What is expected:
Only the lines holding "kept" are wanted; find them in the listing and return each one.
_ _ _
-- ===== src/Topic/Applied.antt =====
-- What a batch of Configs does to the settings of a topic.
use terraform_provider_confl.Base.{
  ◌≡◌, refl, sym, ap, ◌∙◌, true, false, Option, none, some, List, [], ◌∷◌, ◌++◌, String, str_eq,
  eq_iff, one_of, if◌then◌else◌, Bool-cases, Option-cases, inl, inr,
}
use mathlib.Core.Path.{subst}
use terraform_provider_confl.Topic.Configs.{
  TopicConfigs, config_of, editable_topic_settings, ConfigEdit, reset, put, ConfigBatch, batch,
  read_only, edit_first, removed_configs, both_batches,
}

-- The value of a setting after edits, from the one before them.
abbrev pub edited : String → List ConfigEdit → Option String → Option String
edited k [] v = v
edited k (reset name ∷ edits) v = edited k edits (if str_eq name k then none else v)
edited k (put name value ∷ edits) v = edited k edits (if str_eq name k then some value else v)

-- Each name stands once, as in a map.
abbrev pub Distinct : TopicConfigs → Type 0
Distinct [] = Unit
Distinct ((name, value) ∷ configs) = (config_of name configs ≡ none) × Distinct configs

pub batch_inj : {es fs : List ConfigEdit} → batch es ≡ batch fs → es ≡ fs
batch_inj h = cc

pub some_inj {ℓ} : {A : Type ℓ} → {a b : A} → some a ≡ some b → a ≡ b
some_inj h = cc

pub edit_first_lem :
    (name : String) (e : ConfigEdit) (b : ConfigBatch) (es : List ConfigEdit)
    → edit_first name e b ≡ batch es
    → (fs : List ConfigEdit) × (b ≡ batch fs)
      × (es ≡ e ∷ fs)
      × (one_of name editable_topic_settings ≡ true)
edit_first_lem name e (batch fs) es h = elim (Bool-cases (one_of name editable_topic_settings)) [
  | inl ok ↦ (fs, refl, sym (batch_inj (rw ok at h)), ok)
  | inr bad ↦ absurd (let h1 = rw bad at h in cc)
]
edit_first_lem name e (read_only other) es h =
    elim (Bool-cases (one_of name editable_topic_settings)) [
      | inl ok ↦ absurd (let h1 = rw ok at h in cc)
      | inr bad ↦ absurd (let h1 = rw bad at h in cc)
    ]

pub both_batches_lem :
    (a b : ConfigBatch) (es : List ConfigEdit)
    → both_batches a b ≡ batch es
    → (xs ys : List ConfigEdit) × (a ≡ batch xs) × (b ≡ batch ys) × (es ≡ xs ++ ys)
both_batches_lem (read_only n) b es h = absurd (cc)
both_batches_lem (batch xs) (read_only n) es h = absurd (cc)
both_batches_lem (batch xs) (batch ys) es h = (xs, ys, refl, refl, sym (batch_inj h))

pub edited-++ :
    (k : String) (xs ys : List ConfigEdit) (v : Option String)
    → edited k (xs ++ ys) v ≡ edited k ys (edited k xs v)
edited-++ k [] ys v = refl
edited-++ k (reset n ∷ xs) ys v = edited-++ k xs ys (if str_eq n k then none else v)
edited-++ k (put n w ∷ xs) ys v = edited-++ k xs ys (if str_eq n k then some w else v)

name_eq : (n k : String) → str_eq n k ≡ true → n ≡ k
name_eq n k h = (eq_iff n k).0 h

reset_hit :
    (k n : String) (es fs : List ConfigEdit) (v : Option String)
    → es ≡ reset n ∷ fs
    → str_eq n k ≡ true
    → edited k es v ≡ edited k fs none
reset_hit k n es fs v same hit =
    ap (λ xs. edited k xs v) same ∙ ap (λ b. edited k fs (if b then none else v)) hit

reset_miss :
    (k n : String) (es fs : List ConfigEdit) (v : Option String)
    → es ≡ reset n ∷ fs
    → str_eq n k ≡ false
    → edited k es v ≡ edited k fs v
reset_miss k n es fs v same miss =
    ap (λ xs. edited k xs v) same ∙ ap (λ b. edited k fs (if b then none else v)) miss

pub put_hit :
    (k n w : String) (es fs : List ConfigEdit) (v : Option String)
    → es ≡ put n w ∷ fs
    → str_eq n k ≡ true
    → edited k es v ≡ edited k fs (some w)
put_hit k n w es fs v same hit =
    ap (λ xs. edited k xs v) same ∙ ap (λ b. edited k fs (if b then some w else v)) hit

pub put_miss :
    (k n w : String) (es fs : List ConfigEdit) (v : Option String)
    → es ≡ put n w ∷ fs
    → str_eq n k ≡ false
    → edited k es v ≡ edited k fs v
put_miss k n w es fs v same miss =
    ap (λ xs. edited k xs v) same ∙ ap (λ b. edited k fs (if b then some w else v)) miss

pub config_of_hit :
    (k n w : String) (configs : TopicConfigs)
    → str_eq n k ≡ true
    → config_of k ((n, w) ∷ configs) ≡ some w
unfolding config_of
config_of_hit k n w configs hit = ap (λ b. if b then some w else config_of k configs) hit

pub config_of_miss :
    (k n w : String) (configs : TopicConfigs)
    → str_eq n k ≡ false
    → config_of k ((n, w) ∷ configs) ≡ config_of k configs
unfolding config_of
config_of_miss k n w configs miss = ap (λ b. if b then some w else config_of k configs) miss

-- The first setting decides its own name.
pub not_another :
    (configs : TopicConfigs) (n k : String) (u : Option String)
    → str_eq n k ≡ true
    → config_of n configs ≡ u
    → config_of k configs ≡ u
not_another configs n k u hit h = subst (λ m. config_of m configs ≡ u) (name_eq n k hit) h

module _ (new : TopicConfigs) (k : String) where
  -- A setting that is kept is not reset.
  pub removed_keeps :
      (old : TopicConfigs) (es : List ConfigEdit) (w : String) (v : Option String)
      → config_of k new ≡ some w
      → removed_configs new old ≡ batch es
      → edited k es v ≡ v
  unfolding removed_configs
  removed_keeps [] es w v kept h = ap (λ xs. edited k xs v) (sym (batch_inj h))
  removed_keeps ((n, u) ∷ old) es w v kept h = elim (Option-cases (config_of n new)) [
    | inr (x, there) ↦ removed_keeps old es w v kept (rw (there, removed_configs) at h)
    | inl gone ↦
        let (fs, rest, same, _) =
          edit_first_lem n (reset n) (removed_configs new old) es
            (rw (gone, removed_configs) at h) in
        elim (Bool-cases (str_eq n k)) [
          | inl hit ↦ absurd (let here = not_another new n k none hit gone in cc)
          | inr miss ↦ reset_miss k n es fs v same miss ∙ removed_keeps old fs w v kept rest
        ]
  ]

  removed_stays :
      (old : TopicConfigs) (es : List ConfigEdit)
      → removed_configs new old ≡ batch es
      → edited k es none ≡ none
  unfolding removed_configs
  removed_stays [] es h = ap (λ xs. edited k xs none) (sym (batch_inj h))
  removed_stays ((n, u) ∷ old) es h = elim (Option-cases (config_of n new)) [
    | inr (x, there) ↦ removed_stays old es (rw (there, removed_configs) at h)
    | inl gone ↦
        let (fs, rest, same, _) =
          edit_first_lem n (reset n) (removed_configs new old) es
            (rw (gone, removed_configs) at h) in
        elim (Bool-cases (str_eq n k)) [
          | inl hit ↦ reset_hit k n es fs none same hit ∙ removed_stays old fs rest
          | inr miss ↦ reset_miss k n es fs none same miss ∙ removed_stays old fs rest
        ]
  ]

  -- A setting that is removed is reset.
  pub removed_resets :
      (old : TopicConfigs) (es : List ConfigEdit)
      → config_of k new ≡ none
      → removed_configs new old ≡ batch es
      → edited k es (config_of k old) ≡ none
  unfolding removed_configs config_of
  removed_resets [] es absent_there h = ap (λ xs. edited k xs none) (sym (batch_inj h))
  removed_resets ((n, u) ∷ old) es absent_there h = elim (Option-cases (config_of n new)) [
    | inr (x, there) ↦ elim (Bool-cases (str_eq n k)) [
      | inl hit ↦ absurd (let here = not_another new n k (some x) hit there in cc)
      | inr miss ↦
          ap (edited k es) (config_of_miss k n u old miss)
          ∙ removed_resets old es absent_there (rw (there, removed_configs) at h)
    ]
    | inl gone ↦
        let (fs, rest, same, _) =
          edit_first_lem n (reset n) (removed_configs new old) es
            (rw (gone, removed_configs) at h) in
        elim (Bool-cases (str_eq n k)) [
          | inl hit ↦
              reset_hit k n es fs (config_of k ((n, u) ∷ old)) same hit ∙ removed_stays old fs rest
          | inr miss ↦
              ap (edited k es) (config_of_miss k n u old miss)
              ∙ reset_miss k n es fs (config_of k old) same miss
              ∙ removed_resets old fs absent_there rest
        ]
  ]
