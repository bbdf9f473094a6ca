-- ===== src/ClusterConfig/Replaced.antt =====
-- What an update of a cluster's settings sends.
use terraform_provider_confl.Base.{
  ◌≡◌, refl, sym, ap, ◌∙◌, Bool, true, false, not, ◌&&◌, Option, none, some, List, [], ◌∷◌, String,
  str_eq, Bool-cases, Option-cases, inl, inr,
}
use terraform_provider_confl.Kafka.Settings.{Provider, Environment}
use terraform_provider_confl.Kafka.AclHandlers.{KafkaRestClient}
use terraform_provider_confl.Kafka.Clients.{with_kafka_rest_client_cases}
use terraform_provider_confl.Http.{status_not_found, response_has_expected_status_code}
use terraform_provider_confl.Topic.Configs.{TopicConfigs, config_of, ConfigEdit}
use terraform_provider_confl.Topic.Applied.{
  edited, Distinct, put_hit, put_miss, config_of_hit, config_of_miss, not_another,
}
use terraform_provider_confl.ClusterConfig.Handlers.{
  ConfigData, ConfigLog, ConfigApi, ConfigHandled, setting_missing, with_config_client,
  extract_cluster_configs, none_removed, read_config_and_set_attributes, kafka_config_read,
  send_cluster_configs, kafka_config_update,
}

-- A name that none of the settings has is not edited.
extract_cluster_configs-other :
    (k : String) (new : TopicConfigs) (v : Option String)
    → config_of k new ≡ none
    → edited k (extract_cluster_configs new) v ≡ v
unfolding extract_cluster_configs
extract_cluster_configs-other k [] v gone = refl
extract_cluster_configs-other k ((n, w) ∷ new) v gone = elim (Bool-cases (str_eq n k)) [
  | inl hit ↦ absurd (let here = config_of_hit k n w new hit in cc)
  | inr miss ↦
      put_miss k n w (extract_cluster_configs ((n, w) ∷ new)) (extract_cluster_configs new) v refl
        miss
      ∙ extract_cluster_configs-other k new v (sym (config_of_miss k n w new miss) ∙ gone)
]

extract_cluster_configs-sets :
    (k : String) (new : TopicConfigs) (x : String) (v : Option String)
    → Distinct new
    → config_of k new ≡ some x
    → edited k (extract_cluster_configs new) v ≡ some x
unfolding extract_cluster_configs config_of
extract_cluster_configs-sets k [] x v apart here = absurd (cc)
extract_cluster_configs-sets k ((n, w) ∷ new) x v (alone, apart) here =
    let all = extract_cluster_configs ((n, w) ∷ new) in
    let others = extract_cluster_configs new in
    elim (Bool-cases (str_eq n k)) [
      | inl hit ↦
          put_hit k n w all others v refl hit
          ∙ extract_cluster_configs-other k new (some w) (not_another new n k none hit alone)
          ∙ sym (config_of_hit k n w new hit)
          ∙ here
      | inr miss ↦
          put_miss k n w all others v refl miss
          ∙ extract_cluster_configs-sets k new x v apart
              (sym (config_of_miss k n w new miss) ∙ here)
    ]

-- A setting that is gone was not there.
none_removed_lem :
    (k : String) (new old : TopicConfigs)
    → none_removed new old ≡ true
    → config_of k new ≡ none
    → config_of k old ≡ none
unfolding none_removed config_of
none_removed_lem k new [] h gone = refl
none_removed_lem k new ((n, u) ∷ old) h gone = elim (Option-cases (config_of n new)) [
  | inl lost ↦ absurd (let h1 = rw (lost, none_removed) at h in cc)
  | inr (x, there) ↦ elim (Bool-cases (str_eq n k)) [
    | inl hit ↦ absurd (let here = not_another new n k (some x) hit there in cc)
    | inr miss ↦
        config_of_miss k n u old miss
        ∙ none_removed_lem k new old (rw (there, none_removed) at h) gone
  ]
]

all_sent :
    (old new : TopicConfigs) (k : String)
    → Distinct new
    → none_removed new old ≡ true
    → edited k (extract_cluster_configs new) (config_of k old) ≡ config_of k new
all_sent old new k apart kept = elim (Option-cases (config_of k new)) [
  | inl gone ↦
      extract_cluster_configs-other k new (config_of k old) gone
      ∙ none_removed_lem k new old kept gone
      ∙ sym gone
  | inr (x, here) ↦ extract_cluster_configs-sets k new x (config_of k old) apart here ∙ sym here
]

no_config_error_at : {r s : ConfigHandled} → r ≡ s → r.0 ≡ none → s.0 ≡ none
no_config_error_at same h = ap (λ r. r.0) (sym same) ∙ h

module _ (env : Environment) (client : Provider) (log : ConfigLog) (d : ConfigData) where
  -- A handler that sends nothing leaves the log as it is.
  with_config_client_log :
      (next : KafkaRestClient → ConfigHandled)
      → ((c : KafkaRestClient) → (next c).1 ≡ log)
      → (with_config_client env client log d next).1 ≡ log
  unfolding with_config_client
  with_config_client_log next h =
      elim (with_kafka_rest_client_cases env client d.blocks (some setting_missing, log, d) next) [
        | inl stop ↦ ap (λ r. r.1) stop
        | inr (c, same) ↦ ap (λ r. r.1) same ∙ h c
      ]

  with_config_client_lem :
      (next : KafkaRestClient → ConfigHandled)
      → (with_config_client env client log d next).0 ≡ none
      → (c : KafkaRestClient) × (with_config_client env client log d next ≡ next c)
  unfolding with_config_client
  with_config_client_lem next h =
      elim (with_kafka_rest_client_cases env client d.blocks (some setting_missing, log, d) next) [
        | inl stop ↦ absurd (let h1 = no_config_error_at stop h in cc)
        | inr made ↦ made
      ]

-- The batch takes every setting from its old value to its new one.
abbrev pub Replaces : ConfigLog → ConfigData → ConfigHandled → Type 0
Replaces log d r =
    (edits : List ConfigEdit) × (r.1 ≡ edits ∷ log)
    × ((name : String)
        → edited name edits (config_of name d.old_configs) ≡ config_of name d.configs)

module _ (world : ConfigApi) (env : Environment) (client : Provider) where
  read_log :
      (log : ConfigLog) (c : KafkaRestClient) (d : ConfigData)
      → (read_config_and_set_attributes world env client log c d).1 ≡ log
  unfolding read_config_and_set_attributes
  read_log log c d = elim (Option-cases (world.list log c).err) [
    | inl fine ↦ rw (fine, read_config_and_set_attributes) refl
    | inr (e, bad) ↦
        elim (Bool-cases (
          response_has_expected_status_code (world.list log c).resp status_not_found
          && not d.is_new_resource)) [
            | inl gone ↦ rw (bad, gone, read_config_and_set_attributes) refl
            | inr other ↦ rw (bad, other, read_config_and_set_attributes) refl
          ]
  ]

  kafka_config_read_log :
      (log : ConfigLog) (d : ConfigData) → (kafka_config_read world env client log d).1 ≡ log
  unfolding kafka_config_read
  kafka_config_read_log log d =
      with_config_client_log env client log d
        (λ c. read_config_and_set_attributes world env client log c d) (λ c. read_log log c d)

  send_cluster_configs_log :
      (after : ConfigLog → KafkaRestClient → ConfigHandled) (log : ConfigLog) (d : ConfigData)
      (c : KafkaRestClient)
      → ((l : ConfigLog) (c : KafkaRestClient) → (after l c).1 ≡ l)
      → (send_cluster_configs world env client after log d c).1
        ≡ extract_cluster_configs d.configs ∷ log
  unfolding send_cluster_configs
  send_cluster_configs_log after log d c h =
      elim (Option-cases (world.update log c (extract_cluster_configs d.configs)).err) [
        | inl fine ↦ rw (fine, send_cluster_configs) (h (extract_cluster_configs d.configs ∷ log) c)
        | inr (e, bad) ↦ rw (bad, send_cluster_configs) refl
      ]

  -- When an update that changes the settings ends without an error, and the new settings have each name
  -- once, then it has sent one batch, whose edits, made in their order, give every setting, of any name,
  -- its new value from its old one.
  pub kafka_config_update-Replaces :
      (others : Bool) (log : ConfigLog) (d : ConfigData)
      → Distinct d.configs
      → (kafka_config_update world env client others true log d).0 ≡ none
      → Replaces log d (kafka_config_update world env client others true log d)
  unfolding kafka_config_update
  kafka_config_update-Replaces true log d apart h = absurd (cc)
  kafka_config_update-Replaces false log d apart h =
      elim (Bool-cases (none_removed d.configs d.old_configs)) [
        | inr lost ↦ absurd (let h1 = rw (lost, kafka_config_update) at h in cc)
        | inl kept ↦
            let after : ConfigLog → KafkaRestClient → ConfigHandled =
              λ l c. kafka_config_read world env client l d in
            let next = send_cluster_configs world env client after log d in
            let shape : kafka_config_update world env client false true log d
                ≡ with_config_client env client log d next =
              rw (kept, kafka_config_update) refl in
            let (c, made) =
              with_config_client_lem env client log d next (no_config_error_at shape h) in
            (
              extract_cluster_configs d.configs,
              ap (λ r. r.1) (shape ∙ made)
                  ∙ send_cluster_configs_log after log d c (λ l c. kafka_config_read_log l d),
              λ k. all_sent d.old_configs d.configs k apart kept,
            )
      ]
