-- ===== src/ClusterConfig/Tests.antt =====
-- The theorem on cluster settings, at concrete ones.
use terraform_provider_confl.Base.{◌≡◌, refl, true, false, none, some, [], ◌∷◌}
use terraform_provider_confl.Kafka.Settings.{Provider, Environment}
use terraform_provider_confl.Topic.Configs.{TopicConfigs}
use terraform_provider_confl.ClusterConfig.Handlers.{
  ConfigData, ConfigApi, reset_not_supported, kafka_config_update,
}
use terraform_provider_confl.ClusterConfig.Replaced
use terraform_provider_confl.ClusterConfig.Replaced.{Replaces}

abbrev broker : ConfigApi
broker = record {
  list = λ log. λ c. record {
    value =
        record { name = "num.partitions"; source = "DYNAMIC_CLUSTER_CONFIG"; value = some "8" }
        ∷ [];
    resp = none;
    err = none;
  };
  update = λ log. λ c. λ edits. record { value = tt; resp = none; err = none };
}

abbrev no_variables : Environment
no_variables name = []

abbrev cluster_in_provider : Provider
cluster_in_provider = record {
  is_kafka_cluster_id_set = true;
  kafka_cluster_id = 108 ∷ 107 ∷ 99 ∷ [];
  is_kafka_metadata_set = true;
  kafka_rest_endpoint = 104 ∷ [];
  kafka_api_key = 107 ∷ [];
  kafka_api_secret = 115 ∷ [];
  is_oauth_enabled = false;
}

abbrev changed : TopicConfigs → ConfigData
changed configs = record {
  id = 108 ∷ 107 ∷ 99 ∷ [];
  is_new_resource = false;
  old_configs = ("num.partitions", "6") ∷ [];
  configs = configs;
  blocks = record { cluster_id = []; rest_endpoint = []; api_key = []; api_secret = [] };
}

-- A setting cannot be removed.
removal_is_refused :
    (kafka_config_update broker no_variables cluster_in_provider false true [] (changed [])).0
    ≡ some reset_not_supported
unfolding kafka_config_update
removal_is_refused = refl

kafka_config_update-Replaces_example :
    Replaces [] (changed (("num.partitions", "8") ∷ ("log.retention.ms", "1") ∷ [])) (
      kafka_config_update broker no_variables cluster_in_provider false true []
        (changed (("num.partitions", "8") ∷ ("log.retention.ms", "1") ∷ [])))
unfolding kafka_config_update
kafka_config_update-Replaces_example =
    Replaced.kafka_config_update-Replaces broker no_variables cluster_in_provider false []
      (changed (("num.partitions", "8") ∷ ("log.retention.ms", "1") ∷ [])) (refl, (refl, tt)) refl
_ _ _
Answer box:
  -- A setting that is kept is not reset.
  removed_keeps [] es w v kept h = ap (λ xs. edited k xs v) (sym (batch_inj h))
  removed_keeps ((n, u) ∷ old) es w v kept h = elim (Option-cases (config_of n new)) [
    | inr (x, there) ↦ removed_keeps old es w v kept (rw (there, removed_configs) at h)
          | inr miss ↦ reset_miss k n es fs v same miss ∙ removed_keeps old fs w v kept rest
all_sent old new k apart kept = elim (Option-cases (config_of k new)) [
      ∙ none_removed_lem k new old kept gone
        | inl kept ↦
              rw (kept, kafka_config_update) refl in
              λ k. all_sent d.old_configs d.configs k apart kept,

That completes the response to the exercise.